There is one span to output from the data below: the lines starting at the line with "-- ReadTLSExtensions on" and ending at the line with "let one = encoding (host_of ip e) e in". Output it exactly, ends included, nothing more.

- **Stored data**
* * * * *
-- ===== src/Spec/Padding.antt =====
-- AlwaysAddPadding.
use utls.Base.{Bool, true, false, ◌||◌, List, [], ◌∷◌, ◌++◌, ◌≡◌, ◌⊎◌, inl, inr, refl, ap, ◌∙◌}
use utls.Extension.{padding}
use utls.Spec.{SpecExtension, plain, real_psk, fake_psk}
use utls.Spec.Raw.{boring_padding, with_padding}

abbrev pub is_padding : SpecExtension → Bool
is_padding (plain (padding p)) = true
is_padding e = false

abbrev pub is_psk : SpecExtension → Bool
is_psk real_psk = true
is_psk (fake_psk ids bs) = true
is_psk e = false

-- Neither padding nor a pre-shared key before the end of `es`.
abbrev pub none_of_both : List SpecExtension → Bool
none_of_both [] = true
none_of_both (e ∷ es) = elim (is_padding e) [
  | true ↦ false
  | false ↦ elim (is_psk e) [ true ↦ false | false ↦ none_of_both es ]
]

abbrev pub any_padding : List SpecExtension → Bool
any_padding [] = false
any_padding (e ∷ es) = is_padding e || any_padding es

-- The end of a list, or a pre-shared key with what follows it.
abbrev pub PskFirst : List SpecExtension → Type 0
PskFirst [] = Unit
PskFirst (e ∷ es) = is_psk e ≡ true

abbrev pub Placed : List SpecExtension → Type 0
Placed es =
    ((with_padding es ≡ es) × (any_padding es ≡ true))
    ⊎ ((front : List SpecExtension) × (back : List SpecExtension) × (es ≡ front ++ back)
        × (none_of_both front ≡ true)
        × PskFirst back
        × (with_padding es ≡ front ++ (boring_padding ∷ back)))

Placed-cons :
    (e : SpecExtension) (es : List SpecExtension)
    → is_padding e ≡ false
    → is_psk e ≡ false
    → with_padding (e ∷ es) ≡ e ∷ with_padding es
    → Placed es
    → Placed (e ∷ es)
Placed-cons e es not_padding not_psk step (inl (same, has)) =
    inl (step ∙ ap (◌∷◌ e) same, rw (not_padding, has) refl)
Placed-cons e es not_padding not_psk step (inr (front, back, split, free, psk, out)) = inr (
  e ∷ front,
  back,
  ap (◌∷◌ e) split,
  rw (none_of_both, not_padding) (rw not_psk free),
  psk,
  step ∙ ap (◌∷◌ e) out,
)

placed : (es : List SpecExtension) → Placed es
unfolding with_padding
placed [] = inr ([], [], refl, refl, tt, refl)
placed (plain (padding p) ∷ es) = inl (refl, refl)
placed (real_psk ∷ es) = inr ([], real_psk ∷ es, refl, refl, refl, refl)
placed (fake_psk ids bs ∷ es) = inr ([], fake_psk ids bs ∷ es, refl, refl, refl, refl)
placed (e ∷ es) = Placed-cons e es refl refl refl (placed es)

with_padding-again : (es : List SpecExtension) → with_padding (with_padding es) ≡ with_padding es
unfolding with_padding
with_padding-again [] = refl
with_padding-again (plain (padding p) ∷ es) = refl
with_padding-again (real_psk ∷ es) = refl
with_padding-again (fake_psk ids bs ∷ es) = refl
with_padding-again (e ∷ es) = ap (◌∷◌ e) (with_padding-again es)

-- AlwaysAddPadding leaves a list as it is, which then has a padding extension; or it puts one padding
-- extension in front of the first pre-shared key, or at the end if there is none, and nothing before
-- it is padding or a pre-shared key. A second call changes nothing.
pub with_padding-Placed :
    (es : List SpecExtension) → Placed es × (with_padding (with_padding es) ≡ with_padding es)
with_padding-Placed es = (placed es, with_padding-again es)
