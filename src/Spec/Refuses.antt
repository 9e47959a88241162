-- ===== src/Spec/Refuses.antt =====
-- ReadTLSExtensions on an extension that ExtensionFromID does not know.
use utls.Base.{
  ℕ, zero, suc, ◌+◌, ◌-◌, ◌≤◌, ◌<◌, Bool, true, false, List, [], ◌∷◌, ◌++◌, Option, Bytes, length,
  length-append, All, append_assoc, append-nil, ◌≡◌, refl, ap, ◌∙◌, arith,
}
use utls.Cryptobyte.{Reader, read-u16, read-vec16}
use utls.Extension.{Extension, generic}
use utls.Extension.Wire.{vec16, framed, encoding}
use utls.Extension.Read.Correct.{host_of}
use utls.Extension.Write.{unknown, extension_from_id}
use utls.Extension.Write.Captures.{IsCaptured}
use utls.ClientHello.Layout.{encodings}
use utls.Spec.{
  plain, Spec, new_spec, parsed, rejected, unsupported_extension, append_extension, take_extension,
  extension_step, extensions_loop, read_tls_extensions,
}
use utls.Spec.RoundTrip.{
  extended, after_one, extended-after_one, extension_step-encoding, extensions_loop-step,
  extensions_loop-encodings,
}

module _ (c : Reader) (random : ℕ → Option Bytes) (ip : Bytes → Bool) (blunt real : Bool) where
  extensions_loop-append :
      (es : List Extension) (fuel k : ℕ) (rest : Bytes) (p : Spec)
      → fuel ≡ length es + k
      → All (IsCaptured ip) es
      → extensions_loop c random blunt real fuel (encodings ip es ++ rest) p
        ≡ extensions_loop c random blunt real k rest (extended c es p)
  extensions_loop-append [] fuel k rest p h all =
      rw (append-nil p.extensions, (let e : fuel ≡ k = omega arith in e)) refl
  extensions_loop-append (e ∷ es) zero k rest p h all = absurd (omega arith)
  extensions_loop-append (e ∷ es) (suc fuel) k rest p h all =
      let one = encoding (host_of ip e) e in
      let (some_bytes, step) =
        extension_step-encoding c random ip blunt real e (encodings ip es ++ rest) p all.0 in
      let sum = length-append one (encodings ip es ++ rest) in
      rw (append_assoc one (encodings ip es) rest) (
        extensions_loop-step c random ip blunt real fuel (one ++ (encodings ip es ++ rest))
          (encodings ip es ++ rest) p _ (omega arith) step
        ∙ extensions_loop-append es fuel k rest (after_one c e p) (omega arith) all.1
        ∙ ap (extensions_loop c random blunt real k rest) (extended-after_one c e es p))

  length-encodings :
      (es : List Extension) → All (IsCaptured ip) es → length es ≤ length (encodings ip es)
  length-encodings [] all = omega arith
  length-encodings (e ∷ es) all =
      let (some_bytes, _) = extension_step-encoding c random ip blunt real e [] new_spec all.0 in
      let sum = length-append (encoding (host_of ip e) e) (encodings ip es) in
      let more = length-encodings es all.1 in omega arith

  unknown_step :
      (id : ℕ) (body rest : Bytes) (p : Spec)
      → id < 65536
      → length body < 65536
      → extension_from_id id ≡ unknown
      → extension_step c random blunt real p (framed id body ++ rest)
        ≡ take_extension c random blunt real p id body rest unknown
  unfolding extension_step
  unknown_step id body rest p id_fits body_fits none_made =
      rw (read-u16 c id (vec16 body ++ rest) id_fits, extension_step)
        (rw (read-vec16 c body rest body_fits) (rw none_made refl))

  -- After captured extensions, the loop stands at what follows, with fuel to go on.
  after_captured :
      (es : List Extension) (rest : Bytes) (p : Spec)
      → All (IsCaptured ip) es
      → 0 < length rest
      → (k : ℕ) × (length rest ≤ suc k)
        × (read_tls_extensions c random blunt real (encodings ip es ++ rest) p
            ≡ extensions_loop c random blunt real (suc k) rest (extended c es p))
  unfolding read_tls_extensions
  after_captured es rest p all more =
      let sum = length-append (encodings ip es) rest in
      let few = length-encodings es all in
      let n = length (encodings ip es ++ rest) in
      (
        n - length es - 1,
        omega arith,
        extensions_loop-append es n (suc (n - length es - 1)) rest p (omega arith) all,
      )

module _ (c : Reader) (random : ℕ → Option Bytes) (ip : Bytes → Bool) (real : Bool) where
  -- An extension whose identifier ExtensionFromID does not know, after captured ones: without blunt mimicry
  -- ReadTLSExtensions returns the error for that identifier, with the extensions before it in the spec,
  -- whatever follows; with it, the extension is kept with its identifier and body, and captured
  -- extensions that follow are read as well.
  pub read_tls_extensions-unknown :
      (es es' : List Extension) (id : ℕ) (body rest : Bytes) (p : Spec)
      → All (IsCaptured ip) es
      → All (IsCaptured ip) es'
      → id < 65536
      → length body < 65536
      → extension_from_id id ≡ unknown
      → (read_tls_extensions c random false real (encodings ip es ++ (framed id body ++ rest)) p
          ≡ rejected (unsupported_extension id) (extended c es p))
        × (read_tls_extensions c random true real
              (encodings ip es ++ (framed id body ++ encodings ip es'))
              p
            ≡ parsed
                (extended c es' (append_extension (plain (generic id body)) (extended c es p))))
  unfolding take_extension extensions_loop
  read_tls_extensions-unknown es es' id body rest p all all' id_fits body_fits none_made =
      let q = extended c es p in
      let (k, _, refuse) =
        after_captured c random ip false real es (framed id body ++ rest) p all (omega arith) in
      let (k', room, accept) =
        after_captured c random ip true real es (framed id body ++ encodings ip es') p all
          (omega arith) in
      let sum = length-append body (encodings ip es') in
      (
        refuse
            ∙ rw
                (
                  unknown_step c random ip false real id body rest q id_fits body_fits none_made,
                  extensions_loop,
                )
                refl,
        accept
            ∙ rw
                (
                  unknown_step c random ip true real id body (encodings ip es') q id_fits body_fits
                      none_made,
                  extensions_loop,
                )
                (extensions_loop-encodings c random ip true real es' k'
                  (append_extension (plain (generic id body)) q) (omega arith) all'),
      )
* * * * *
- **Solution to this problem**
-- ReadTLSExtensions on an extension that ExtensionFromID does not know.
use utls.Base.{
  ℕ, zero, suc, ◌+◌, ◌-◌, ◌≤◌, ◌<◌, Bool, true, false, List, [], ◌∷◌, ◌++◌, Option, Bytes, length,
  length-append, All, append_assoc, append-nil, ◌≡◌, refl, ap, ◌∙◌, arith,
}
use utls.Cryptobyte.{Reader, read-u16, read-vec16}
use utls.Extension.{Extension, generic}
use utls.Extension.Wire.{vec16, framed, encoding}
use utls.Extension.Read.Correct.{host_of}
use utls.Extension.Write.{unknown, extension_from_id}
use utls.Extension.Write.Captures.{IsCaptured}
use utls.ClientHello.Layout.{encodings}
use utls.Spec.{
  plain, Spec, new_spec, parsed, rejected, unsupported_extension, append_extension, take_extension,
  extension_step, extensions_loop, read_tls_extensions,
}
use utls.Spec.RoundTrip.{
  extended, after_one, extended-after_one, extension_step-encoding, extensions_loop-step,
  extensions_loop-encodings,
}

module _ (c : Reader) (random : ℕ → Option Bytes) (ip : Bytes → Bool) (blunt real : Bool) where
  extensions_loop-append :
      (es : List Extension) (fuel k : ℕ) (rest : Bytes) (p : Spec)
      → fuel ≡ length es + k
      → All (IsCaptured ip) es
      → extensions_loop c random blunt real fuel (encodings ip es ++ rest) p
        ≡ extensions_loop c random blunt real k rest (extended c es p)
  extensions_loop-append [] fuel k rest p h all =
      rw (append-nil p.extensions, (let e : fuel ≡ k = omega arith in e)) refl
  extensions_loop-append (e ∷ es) zero k rest p h all = absurd (omega arith)
  extensions_loop-append (e ∷ es) (suc fuel) k rest p h all =
      let one = encoding (host_of ip e) e in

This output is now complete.